==== DATA PROVIDED

-- ===== src/Indexing/Lifecycle/Tests.antt =====
-- Requests and passes over a database with one repository.
use codesensei.Common.{ℕ, false, true, none, some, [], ◌∷◌, codes, length, ◌≡◌, refl}
use codesensei.Indexing.Errors.{
  Outcome, ok, raised, index_error, IndexErrorCategory, provider_error, already_indexing,
}
use codesensei.Indexing.Store.{Repo, Db, https, fetch_repo, upsert_repo, update_repo, find_source}
use codesensei.Indexing.Source.{normalise_source}
use codesensei.Indexing.Fill.{Provider, Scan}
use codesensei.Indexing.Lifecycle.{
  dispatch, delete_repo, run_for_existing_repo, pool_unreachable, enqueue_fails, handle,
}
use codesensei.Indexing.Lifecycle.Stuck.{dispatch_unreachable_stuck}
use codesensei.Indexing.Lifecycle.Rollback.{
  DeleteResult, IsDeleted, delete_repo-DeleteResult, dispatch_rollback,
}
use codesensei.Indexing.Lifecycle.Worker.{HasStatus, status_after, run_for_existing_repo-HasStatus}

abbrev waiting_repo : Repo
waiting_repo = record {
  repo_id = 0;
  source = codes "https://h/r";
  source_kind = https;
  default_branch = none;
  indexed_at = none;
  chunk_count = 0;
  embedding_provider = none;
  embedding_model = none;
  last_error = none;
  codesensei_ignore_patterns = none;
}

abbrev ready_repo : Repo
ready_repo = record waiting_repo { indexed_at = some 5 }

abbrev empty : Db ℕ
empty = record { repos = []; chunks = []; next_id = 0 }

abbrev waiting : Db ℕ
waiting = record { repos = waiting_repo ∷ []; chunks = []; next_id = 1 }

abbrev settled : Db ℕ
settled = record { repos = ready_repo ∷ []; chunks = []; next_id = 1 }

canonical_source : normalise_source (codes " https://h/r.git// ") ≡ ok (codes "https://h/r", https)
unfolding normalise_source
canonical_source = refl

accepted :
    dispatch empty (codes "https://h/r.git/") none (handle (codes "j"))
    ≡ (ok (0, codes "j"), waiting)
unfolding dispatch normalise_source upsert_repo update_repo
accepted = refl

dispatch_unreachable_stuck_example :
    let db' = (dispatch empty (codes "https://h/r") none pool_unreachable).1 in
    dispatch db' (codes "https://h/r.git") none (handle (codes "j"))
    ≡ (raised (index_error already_indexing true), db')
unfolding normalise_source
dispatch_unreachable_stuck_example =
    dispatch_unreachable_stuck empty (codes "https://h/r") (codes "https://h/r.git")
      (codes "https://h/r") https https none none (handle (codes "j")) refl refl

delete_repo-DeleteResult_example :
    DeleteResult settled 0 (fetch_repo settled 0) (delete_repo settled 0)
delete_repo-DeleteResult_example = delete_repo-DeleteResult settled 0

dispatch_rollback_example :
    ((dispatch settled (codes "https://h/r") none enqueue_fails).0
      ≡ raised (index_error IndexErrorCategory.queue_unavailable true))
    × IsDeleted settled 0 (dispatch settled (codes "https://h/r") none enqueue_fails).1
unfolding normalise_source find_source fetch_repo
dispatch_rollback_example =
    dispatch_rollback settled (codes "https://h/r") (codes "https://h/r") https none ready_repo refl
      (record { by_source = refl; by_id = refl; settled = refl })

abbrev no_provider : Outcome (Provider ℕ)
no_provider = raised (provider_error false)

abbrev empty_tree : Repo → Outcome Scan
empty_tree row = ok (record { ignore_patterns = none; chunks = [] })

run_for_existing_repo-HasStatus_example :
    let r =
      run_for_existing_repo (λ n. n) length 9 empty_tree waiting 0 no_provider (codes "m") 7 in
    HasStatus r.1 0 (status_after r.0)
unfolding fetch_repo
run_for_existing_repo-HasStatus_example =
    run_for_existing_repo-HasStatus (λ n. n) length 9 empty_tree waiting 0 waiting_repo no_provider
      (codes "m") 7 (record { found = refl; not_indexed = refl; not_failed = refl })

========

| THE TASK |
Starting from the records above, filter out all lines except those containing the word "handle".

| RESULT |
  dispatch, delete_repo, run_for_existing_repo, pool_unreachable, enqueue_fails, handle,
    dispatch empty (codes "https://h/r.git/") none (handle (codes "j"))
    dispatch db' (codes "https://h/r.git") none (handle (codes "j"))
      (codes "https://h/r") https https none none (handle (codes "j")) refl refl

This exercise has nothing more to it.